- The task
The required output is the line containing "(drop_name-Triple view remote_controller" followed by every later line through the end of the data, all reproduced exactly.

▬▬▬

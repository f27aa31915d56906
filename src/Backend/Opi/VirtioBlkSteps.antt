-- ===== src/Backend/Opi/VirtioBlkSteps.antt =====
-- The steps of `opiInitiatorVirtioBlk` on the record of its objects.
use spdk_csi.Prelude.{◌≡◌, refl, Bool, true, []}
use spdk_csi.Text.{Str}
use spdk_csi.Text.Decimal.{Parsed, number, syntax, range}
use spdk_csi.Effect.Triple.{Triple, Triple-raise, Triple-same}
use spdk_csi.Target.Nvmf.{Map}
use spdk_csi.Node.Xpu.{PciEndpoint}
use spdk_csi.Backend.Opi.{
  on_service, Kind, remote_controller, path, virtio_blk, Services, OpiCommon,
  set_remote_controller_name, set_path_name, create_nvme_remote_controller,
  delete_nvme_remote_controller, create_nvmf_path, delete_nvmf_path, create_path_at,
  create_remote_controller, create_path, delete_request, create_virtio_blk_device,
}
use spdk_csi.Backend.Opi.Ledger.{at_kinds, Log, recorded, Assumptions, View, with, without}
use spdk_csi.Backend.Opi.Steps.{Field, Stage, nothing}
use spdk_csi.Backend.Opi.Moves.{keep_name-Triple, drop_name-Triple}
use spdk_csi.Backend.Opi.Requests.{
  Part, set_part, zoom-keep_name, zoom-drop_name, Beside, create_at, delete_at,
}
use spdk_csi.Backend.Opi.VirtioBlk.{
  OpiVirtioBlk, on_common, set_virtio_blk_name, create_virtio_blk, delete_virtio_blk,
}

module _ {W : Type 0} where
  abbrev pub name_of : OpiVirtioBlk W → Kind → Str
  name_of s remote_controller = s.common.remote_controller_name
  name_of s path = s.common.path_name
  name_of s virtio_blk = s.virtio_blk_name
  name_of s _ = []

  abbrev common_part : Part (OpiVirtioBlk W) (OpiCommon W)
  common_part = record {
    read = λ s. s.common;
    write = λ c s. record s { common = c };
    read-write = λ c s. refl;
    write-read = λ s. refl;
    write-write = λ c d s. refl;
  }

  abbrev world_part : Part (OpiVirtioBlk W) W
  world_part = record {
    read = λ s. s.common.world;
    write = λ w s. record s { common = record s.common { world = w } };
    read-write = λ c s. refl;
    write-read = λ s. refl;
    write-write = λ c d s. refl;
  }

module _ {W : Type 0} where
  abbrev pub view : View (OpiVirtioBlk (W × Log))
  view = record { name = name_of; log = λ s. s.common.world.1 }

  beside : Beside view world_part
  beside = record { log_at = λ s. refl; names_at = λ c s. at_kinds _ refl refl refl refl refl refl }

  virtio_blk-Field : Field view virtio_blk set_virtio_blk_name
  virtio_blk-Field = record {
    name_set = λ n s. at_kinds _ refl refl refl refl refl refl;
    log_set = λ n s. refl;
  }

  remote_controller-Field :
      Field view remote_controller (set_part common_part set_remote_controller_name)
  remote_controller-Field = record {
    name_set = λ n s. at_kinds _ refl refl refl refl refl refl;
    log_set = λ n s. refl;
  }

  path-Field : Field view path (set_part common_part set_path_name)
  path-Field = record {
    name_set = λ n s. at_kinds _ refl refl refl refl refl refl;
    log_set = λ n s. refl;
  }

module _ {W : Type 0} where
  -- One more kind has its object.
  abbrev pub Grown : (Kind → Bool) → (Kind → Bool) → Kind → OpiVirtioBlk (W × Log) → Type 0
  Grown f g k = Stage view (without k f) (with k g)

  -- One more kind has none.
  abbrev pub Shrunk : (Kind → Bool) → Kind → OpiVirtioBlk (W × Log) → Type 0
  Shrunk f k = Stage view (with k f) nothing

module _ {W : Type 0} (services : Services W) (volume_context : Map) (Refused : Type 0)
    (safe : Assumptions services Refused) {f g : Kind → Bool} where
  pub create_virtio_blk-Triple :
      (pe : PciEndpoint)
      → f virtio_blk ≡ true
      → Triple
          (Stage view f g)
          (create_virtio_blk (recorded services) volume_context pe)
          (λ _ s. Grown f g virtio_blk s)
          (λ _ s. Stage view f g s)
  unfolding create_virtio_blk
  create_virtio_blk-Triple pe h =
      keep_name-Triple view virtio_blk set_virtio_blk_name virtio_blk-Field _ _
        (record {
          at =
              create_at view world_part beside services Refused safe
                (create_virtio_blk_device _ _ _);
        })
        h

  pub create_remote_controller-Triple :
      f remote_controller ≡ true
      → Triple
          (Stage view f g)
          (on_common (create_nvme_remote_controller (recorded services) volume_context))
          (λ _ s. Grown f g remote_controller s)
          (λ _ s. Stage view f g s)
  unfolding create_nvme_remote_controller
  create_remote_controller-Triple h = Triple-same _ _ (zoom-keep_name common_part _ _ _) (
      keep_name-Triple view remote_controller _ remote_controller-Field _ _
        (record {
          at = λ s.
              create_at view world_part beside services Refused safe (create_remote_controller _) s;
        })
        h)

  create_path_at-Triple :
      (port : Parsed)
      → f path ≡ true
      → Triple
          (Stage view f g)
          (on_common (create_path_at (recorded services) volume_context port))
          (λ _ s. Grown f g path s)
          (λ _ s. Stage view f g s)
  create_path_at-Triple syntax h = Triple-raise _ (λ s x. x)
  create_path_at-Triple range h = Triple-raise _ (λ s x. x)
  create_path_at-Triple (number port) h = Triple-same _ _ (zoom-keep_name common_part _ _ _) (
      keep_name-Triple view path _ path-Field _ _
        (record {
          at = λ s. create_at view world_part beside services Refused safe (create_path _ _) s;
        })
        h)

  pub create_path-Triple :
      f path ≡ true
      → Triple
          (Stage view f g)
          (on_common (create_nvmf_path (recorded services) volume_context))
          (λ _ s. Grown f g path s)
          (λ _ s. Stage view f g s)
  unfolding create_nvmf_path
  create_path-Triple = create_path_at-Triple _

module _ {W : Type 0} (services : Services W) (volume_context : Map) (Refused : Type 0)
    (safe : Assumptions services Refused) {f : Kind → Bool} where
  pub delete_virtio_blk-Triple :
      Triple
        (Stage view f nothing)
        (delete_virtio_blk (recorded services) volume_context)
        (λ _ s. Shrunk f virtio_blk s)
        (λ _ s. Stage view f nothing s × Refused)
  unfolding delete_virtio_blk
  delete_virtio_blk-Triple =
      drop_name-Triple view virtio_blk set_virtio_blk_name virtio_blk-Field _ Refused _ (record {
        at = λ n.
            delete_at view world_part beside services Refused safe (delete_request virtio_blk n);
      })

  pub delete_path-Triple :
      Triple
        (Stage view f nothing)
        (on_common (delete_nvmf_path (recorded services) volume_context))
        (λ _ s. Shrunk f path s)
        (λ _ s. Stage view f nothing s × Refused)
  unfolding delete_nvmf_path
  delete_path-Triple =
      Triple-same _ _
        (zoom-drop_name common_part (λ e. e) (λ c. c.path_name)
          (λ n. on_service ((recorded services).delete (delete_request path n))) set_path_name)
        (drop_name-Triple view path _ path-Field (λ e. e) Refused _
          (record {
            at =
                λ n. delete_at view world_part beside services Refused safe (delete_request path n);
          }))

  pub delete_remote_controller-Triple :
      Triple
        (Stage view f nothing)
        (on_common (delete_nvme_remote_controller (recorded services) volume_context))
        (λ _ s. Shrunk f remote_controller s)
        (λ _ s. Stage view f nothing s × Refused)
  unfolding delete_nvme_remote_controller
  delete_remote_controller-Triple =
      Triple-same _ _
        (zoom-drop_name common_part (λ e. e) (λ c. c.remote_controller_name)
          (λ n. on_service ((recorded services).delete (delete_request remote_controller n)))
          set_remote_controller_name)
        (drop_name-Triple view remote_controller _ remote_controller-Field (λ e. e) Refused _
          (record {
            at = λ n.
                delete_at view world_part beside services Refused safe
                  (delete_request remote_controller n);
          }))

▬▬▬

- Exercise result
        (drop_name-Triple view remote_controller _ remote_controller-Field (λ e. e) Refused _
          (record {
            at = λ n.
                delete_at view world_part beside services Refused safe
                  (delete_request remote_controller n);
          }))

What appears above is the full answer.